(Your objective) Your answer should consist of all lines in the listing that hold the word "String".

= = = = =

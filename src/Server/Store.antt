-- ===== src/Server/Store.antt =====
-- The handlers of src/kvsrv/server.go and src/kvsrv/readrepair.go that read and change the versions that a
-- server holds: `ReplicaGet`, `ReplicaPut`, `installObjects`, `mergeObjectsCore`, `RepairPut`.
pub mod Siblings
pub mod Buckets
pub mod Index
pub mod Merge
pub mod Race
pub mod Dirty
use dynamo_kvsrv_pbs.Prelude.{
  ℕ, String, Bool, true, false, not, ◌&&◌, Option, none, some, List, [], ◌∷◌, ◌==◌, string_eq,
  nat_eq, if◌then◌else◌, contains, ◌++◌,
}
use dynamo_kvsrv_pbs.GoMap.{GoMap, get, put, delete, has}
use dynamo_kvsrv_pbs.Ring
use dynamo_kvsrv_pbs.Rpc.Context
use dynamo_kvsrv_pbs.Rpc.Object.{Object, can_be_added_to, add_object, add_new, copy_objects}
use dynamo_kvsrv_pbs.Rpc.Messages.{
  Err, ok, err_no_key, err_version, no_err, PutArgs, GetReply, RepairArgs,
}
use dynamo_kvsrv_pbs.Server.{KvServer, siblings_of, index_key, append_unique_key, remove_key}

unfoldable pub replica_get : KvServer → String → GetReply
replica_get kv key = elim (get kv.kv key) [
  | none ↦ record { objects = []; err = err_no_key }
  | some siblings ↦ record { objects = copy_objects siblings; err = ok }
]

-- The end of `ReplicaPut`: the versions are written, and a first version enters the bucket index.
unfoldable pub install_put : KvServer → PutArgs → KvServer
install_put kv args =
    let kv' : KvServer = record kv {
      kv = put kv.kv args.key (add_object (siblings_of kv args.key) args.object none);
    } in
    if Context.is_initial args.base_context then index_key append_unique_key kv' args.key else kv'

unfoldable pub replica_put : KvServer → PutArgs → KvServer × Err
unfolding install_put
replica_put kv args =
    let base : Object = record { value = args.object.value; context = args.base_context } in
    if not (has kv.kv args.key) && not (Context.is_initial args.base_context)
    then (kv, err_no_key)
    else if not (can_be_added_to base (siblings_of kv args.key))
    then (kv, err_version)
    else (install_put kv args, ok)

-- The set of dirty sectors as a list without repetitions.
unfoldable pub mark_sector_dirty : KvServer → ℕ → KvServer
mark_sector_dirty kv sector =
    if contains kv.dirty_sectors sector
    then kv
    else record kv { dirty_sectors = kv.dirty_sectors ++ sector ∷ [] }

unfoldable pub drain_dirty_sectors : KvServer → KvServer × List ℕ
drain_dirty_sectors kv = (record kv { dirty_sectors = [] }, kv.dirty_sectors)

unfoldable pub install_objects : KvServer → String → List Object → KvServer
install_objects kv key [] =
    mark_sector_dirty (index_key remove_key (record kv { kv = delete kv.kv key }) key)
      (Ring.get_location kv.ring key).0
install_objects kv key (o ∷ objects) =
    let kv' : KvServer = record kv { kv = put kv.kv key (copy_objects (o ∷ objects)) } in
    mark_sector_dirty (if has kv.kv key then kv' else index_key append_unique_key kv' key)
      (Ring.get_location kv.ring key).0

-- The loop of `mergeObjectsCore`, which also notes whether it has added an object.
unfoldable pub merge_loop : List Object → Bool → List Object → List Object × Bool
merge_loop merged changed [] = (merged, changed)
merge_loop merged changed (obj ∷ incoming) =
    let add = can_be_added_to obj merged in
    merge_loop (if add then add_object merged obj none else merged) (if add then true else changed)
      incoming

-- What `mergeObjectsCore` computes under the lock, before it gives the lock up.
unfoldable pub merge_view : KvServer → String → List Object → List Object × Bool
unfolding merge_loop
merge_view kv key incoming = merge_loop (siblings_of kv key) false incoming

-- With no other handler between the two critical sections. The result is that of
-- `returnSiblings`; `mergeObjectsAndDiscard` drops it.
unfoldable pub merge_objects_core : KvServer → String → List Object → KvServer × List Object
unfolding merge_view install_objects
merge_objects_core kv key [] = (kv, [])
merge_objects_core kv key (o ∷ incoming) =
    let (merged, changed) = merge_view kv key (o ∷ incoming) in
    if changed then (install_objects kv key merged, merged) else (kv, copy_objects merged)

unfoldable pub repair_put : KvServer → RepairArgs → KvServer × Err
unfolding merge_objects_core
repair_put kv args =
    if args.is_delete
    then (install_objects kv args.key [], ok)
    else ((merge_objects_core kv args.key args.objects).0, ok)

= = = = =

(Written answer)
  ℕ, String, Bool, true, false, not, ◌&&◌, Option, none, some, List, [], ◌∷◌, ◌==◌, string_eq,
unfoldable pub replica_get : KvServer → String → GetReply
unfoldable pub install_objects : KvServer → String → List Object → KvServer
unfoldable pub merge_view : KvServer → String → List Object → List Object × Bool
unfoldable pub merge_objects_core : KvServer → String → List Object → KvServer × List Object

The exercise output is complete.